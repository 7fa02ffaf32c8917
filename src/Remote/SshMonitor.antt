-- ===== src/Remote/SshMonitor.antt =====
-- The class SshProcessMonitor of remote/sshProcess.ts: its loops, from one await to the next. What the
-- log file, the process list and the directories hold comes with the events; the status bar item is the
-- reporter of Remote.NetworkStatus. Logging and the clean-up of old files at the start are left out.
pub mod Steps
pub mod Invariant
pub mod Loops
pub mod Disposal
mod Tests
use text.Mathlib.Text.{◌==◌ as str_eq}
use vscode_coder.Base.{
  ℕ, suc, ◌+◌, ◌-◌, ◌*◌, min, Bool, true, false, not, ◌&&◌, ◌||◌, Option, none, some, List, [], ◌∷◌,
  ◌++◌, String, get_elem?, remove_at, ltb, leb, ◌==◌, is_some, if◌then◌else◌,
}
use vscode_coder.Remote.NetworkStatus.{
  NetworkInfo, NetworkStatusReporter, StatusBarItem, new_reporter, update,
}
use vscode_coder.Remote.SshTelemetry.{
  SshTelemetry, new_telemetry, ProcessLossCause, stale_network_info, missing_network_info,
  process_started, process_lost, process_recovered, process_replaced, disposed, network_sampled,
  report_discovery,
}

-- `SshProcessMonitorOptions`, in milliseconds
pub record Options : Type 0 where
  pub discovery_poll : ℕ
  pub max_backoff : ℕ
  pub network_poll : ℕ
  pub has_log_dir : Bool

pub data Task : Type 0 where
  -- discoverSshProcess awaits findSshProcessByPort, and its delay
  finding find_delay : (attempts backoff : ℕ) → (last_port : Option ℕ) → Task
  -- searchForLogFile awaits the directory, and its delay
  reading_logs logs_delay : (target backoff : ℕ) → Task
  -- monitorNetwork awaits the network file, and one of its delays
  reading_info : (failures pid : ℕ) → Task
  info_delay : (failures : ℕ) → Task

pub record Monitor : Type 0 where
  pub is_disposed : Bool
  pub current_pid : Option ℕ
  pub log_file_path : Option String
  pub last_stale_search_time : ℕ
  pub reporter : NetworkStatusReporter
  pub telemetry : SshTelemetry
  -- what the emitters fired, the times at which a lost process was searched for, newest first
  pub pid_changes : List ℕ
  pub log_changes : List (Option String)
  pub searches : List ℕ
  pub tasks : List Task

abbrev pub await : Task → Monitor → Monitor
await t m = record m { tasks = m.tasks ++ t ∷ [] }

-- the head of the loop of `discoverSshProcess`, and what `searchForProcess` does when it ends
unfoldable pub discover_loop : (attempts backoff : ℕ) → Option ℕ → Monitor → Monitor
discover_loop attempts backoff port m =
    if m.is_disposed
    then record m { telemetry = report_discovery false attempts m.telemetry }
    else await (finding (suc attempts) backoff port) m

-- `searchForProcess`
unfoldable pub search_for_process : Options → Monitor → Monitor
search_for_process o m = discover_loop 0 o.discovery_poll none m

unfoldable pub set_pid_from : Option ℕ → (now pid : ℕ) → Monitor → Monitor
set_pid_from none now pid m = record m {
  current_pid = some pid;
  telemetry = process_started now m.telemetry;
  pid_changes = pid ∷ m.pid_changes;
}
set_pid_from (some previous) now pid m =
    if previous == pid
    then record m { current_pid = some pid; telemetry = process_recovered now m.telemetry }
    else record m {
      current_pid = some pid;
      telemetry = process_replaced now m.telemetry;
      log_file_path = none;
      log_changes = none ∷ m.log_changes;
      pid_changes = pid ∷ m.pid_changes;
    }

-- `setCurrentPid`
unfoldable pub set_current_pid : (now pid : ℕ) → Monitor → Monitor
unfolding set_pid_from
set_current_pid now pid m = set_pid_from m.current_pid now pid m

abbrev pub is_held : Option ℕ → ℕ → Bool
is_held none pid = false
is_held (some held) pid = held == pid

-- the head of the loop of `searchForLogFile`
unfoldable pub log_loop : (target backoff : ℕ) → Monitor → Monitor
log_loop target backoff m =
    if not m.is_disposed && is_held m.current_pid target
    then await (reading_logs target backoff) m
    else m

-- the head of the loop of `monitorNetwork`
unfoldable pub info_loop : (failures : ℕ) → Monitor → Monitor
info_loop failures m = elim m.current_pid [
  | none ↦ m
  | some pid ↦ (if m.is_disposed then m else await (reading_info failures pid) m)
]

-- `startMonitoring`
unfoldable pub start_monitoring : Options → Monitor → Monitor
unfolding log_loop info_loop
start_monitoring o m = elim m.current_pid [
  | none ↦ m
  | some pid ↦
      (if m.is_disposed
        then m
        else info_loop 0 (if o.has_log_dir then log_loop pid o.discovery_poll m else m))
]

-- the constructor
abbrev pub new_monitor : StatusBarItem → Monitor
new_monitor item = record {
  is_disposed = false;
  current_pid = none;
  log_file_path = none;
  last_stale_search_time = 0;
  reporter = new_reporter item;
  telemetry = new_telemetry;
  pid_changes = [];
  log_changes = [];
  searches = [];
  tasks = [];
}

-- `start`
unfoldable pub start : Options → StatusBarItem → Monitor
start o item = search_for_process o (new_monitor item)

abbrev port_changed : (last port : Option ℕ) → Bool
port_changed (some last) (some port) = not (port == last)
port_changed (some last) none = false
port_changed none port = false

abbrev or_last : (port last : Option ℕ) → Option ℕ
or_last none last = last
or_last (some port) last = some port

-- what the found process leads to in `searchForProcess`
unfoldable pub process_found : Options → (now attempts pid : ℕ) → Monitor → Monitor
process_found o now attempts pid m =
    let told = record m { telemetry = report_discovery true attempts m.telemetry } in
    if m.is_disposed then told else start_monitoring o (set_current_pid now pid told)

-- `delay` ends at once when disposed, and the loop with it
unfoldable pub find_again : (attempts backoff : ℕ) → Option ℕ → Monitor → Monitor
find_again attempts backoff port m =
    if m.is_disposed
    then record m { telemetry = report_discovery false attempts m.telemetry }
    else await (find_delay attempts backoff port) m

-- the body of the loop of `discoverSshProcess`, once a process has been looked for
unfoldable pub looked_up :
    Options → (now attempts backoff : ℕ) → (last pid port : Option ℕ) → Monitor → Monitor
looked_up o now attempts backoff last (some pid) port m = process_found o now attempts pid m
looked_up o now attempts backoff last none port m =
    find_again attempts (if port_changed last port then o.discovery_poll else backoff)
      (or_last port last) m

abbrev is_path : Option String → String → Bool
is_path none path = false
is_path (some held) path = str_eq path held

-- A disposed emitter fires nothing.
abbrev fire_log : String → Monitor → Monitor
fire_log path m = if m.is_disposed then m else record m { log_changes = some path ∷ m.log_changes }

-- the body of the loop of `searchForLogFile`; the file whose name has the target, if there is one
unfoldable pub logs_read : (target backoff : ℕ) → Option String → Monitor → Monitor
logs_read target backoff none m = if m.is_disposed then m else await (logs_delay target backoff) m
logs_read target backoff (some path) m =
    if is_path m.log_file_path path
    then m
    else fire_log path (record m { log_file_path = some path })

-- the end of the body of `monitorNetwork`: a delay that ends at once when disposed
unfoldable pub info_wait : (failures : ℕ) → Monitor → Monitor
info_wait failures m = if m.is_disposed then m else await (info_delay failures) m

-- `staleThreshold`
abbrev pub stale_threshold : Options → ℕ
stale_threshold o = o.network_poll * 5

-- `maxReadFailures`
abbrev pub max_read_failures : ℕ
max_read_failures = 5

unfoldable pub mark_lost : (now : ℕ) → ProcessLossCause → Monitor → Monitor
mark_lost now cause m = record m {
  telemetry = process_lost now cause m.telemetry;
  last_stale_search_time = now;
  searches = now ∷ m.searches;
}

abbrev pub loss_cause : (failures : ℕ) → ProcessLossCause
loss_cause failures =
    if leb max_read_failures failures then missing_network_info else stale_network_info

-- what a reason to search leads to in `monitorNetwork`
unfoldable pub lose_process : Options → (now failures : ℕ) → Monitor → Monitor
lose_process o now failures m =
    if ltb now (m.last_stale_search_time + stale_threshold o)
    then info_wait failures m
    else search_for_process o (mark_lost now (loss_cause failures) m)

-- What `stat` and the read give: a failure, or the age with the contents, if they can be read, and
-- the configured threshold.
pub data Info : Type 0 where
  stat_failed : Info
  stated : (age : ℕ) → Option NetworkInfo → (threshold : ℕ) → Info

unfoldable pub info_failed : Options → (now failures : ℕ) → Monitor → Monitor
info_failed o now failures m =
    if leb max_read_failures failures then lose_process o now failures m else info_wait failures m

unfoldable pub show_info : (now : ℕ) → NetworkInfo → Bool → (threshold : ℕ) → Monitor → Monitor
show_info now network is_stale threshold m = record m {
  reporter = update threshold network is_stale m.reporter;
  telemetry = network_sampled now network m.telemetry;
}

-- the body of the loop of `monitorNetwork`
unfoldable pub info_read : Options → (now failures : ℕ) → Info → Monitor → Monitor
info_read o now failures stat_failed m = info_failed o now (suc failures) m
info_read o now failures (stated age none threshold) m =
    if ltb (stale_threshold o) age then lose_process o now 0 m else info_failed o now 1 m
info_read o now failures (stated age (some network) threshold) m =
    if ltb (stale_threshold o) age
    then lose_process o now 0 m
    else info_wait 0 (show_info now network (ltb (o.network_poll * 2) age) threshold m)

-- `dispose`
unfoldable pub dispose : (now : ℕ) → Monitor → Monitor
dispose now m =
    if m.is_disposed
    then m
    else record m { is_disposed = true; telemetry = disposed now m.telemetry }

● ● ●

Work request: Using the data above, tally each line in which "unfolding" appears and give the number with no other words.

Result of this task: 2